[To do]: Copy out all lines in the data below containing the string "antt".

[Opening Task material section]

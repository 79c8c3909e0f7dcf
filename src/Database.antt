-- ===== src/Database.antt =====
-- The tables that the call handlers share, and their queries on calls.
pub mod Busy
use new1v.Prelude.{
  ℕ, ◌+◌, Bool, true, false, not, ◌&&◌, ◌||◌, Option, List, [], ◌∷◌, ◌==◌, if◌then◌else◌,
}
use new1v.Prelude.Dict.{Dict, alter}
use new1v.Records.{CallRecord, CallStatus, pending, ongoing, ended}
use new1v.Users.{Users}

-- New rows get the keys from `next_call_id` on.
pub record Database : Type 0 where
  pub users : Users
  pub calls : Dict CallRecord
  pub next_call_id : ℕ

-- `status__in=["pending", "ongoing"]`
abbrev pub is_active : CallStatus → Bool
is_active pending = true
is_active ongoing = true
is_active ended = false

abbrev pub is_ongoing : CallStatus → Bool
is_ongoing ongoing = true
is_ongoing _ = false

abbrev pub takes_part : ℕ → CallRecord → Bool
takes_part k c = (c.caller_id == k) || (c.callee_id == k)

-- `filter(…).exists()`
unfoldable pub exists_call : (ℕ → CallRecord → Bool) → Dict CallRecord → Bool
exists_call test [] = false
exists_call test ((id, c) ∷ calls) = test id c || exists_call test calls

abbrev pub busy_test : ℕ → ℕ → CallRecord → Bool
busy_test k id c = takes_part k c && is_active c.status

unfoldable pub is_busy : ℕ → Dict CallRecord → Bool
unfolding exists_call
is_busy k calls = exists_call (busy_test k) calls

-- `call_record.save()`
unfoldable pub save_call : ℕ → CallRecord → Dict CallRecord → Dict CallRecord
save_call id c calls = alter id (λ _. c) calls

[Closing Task material section]

[Exercise result]:
filename src/Database.antt
-- ===== src/Database.antt =====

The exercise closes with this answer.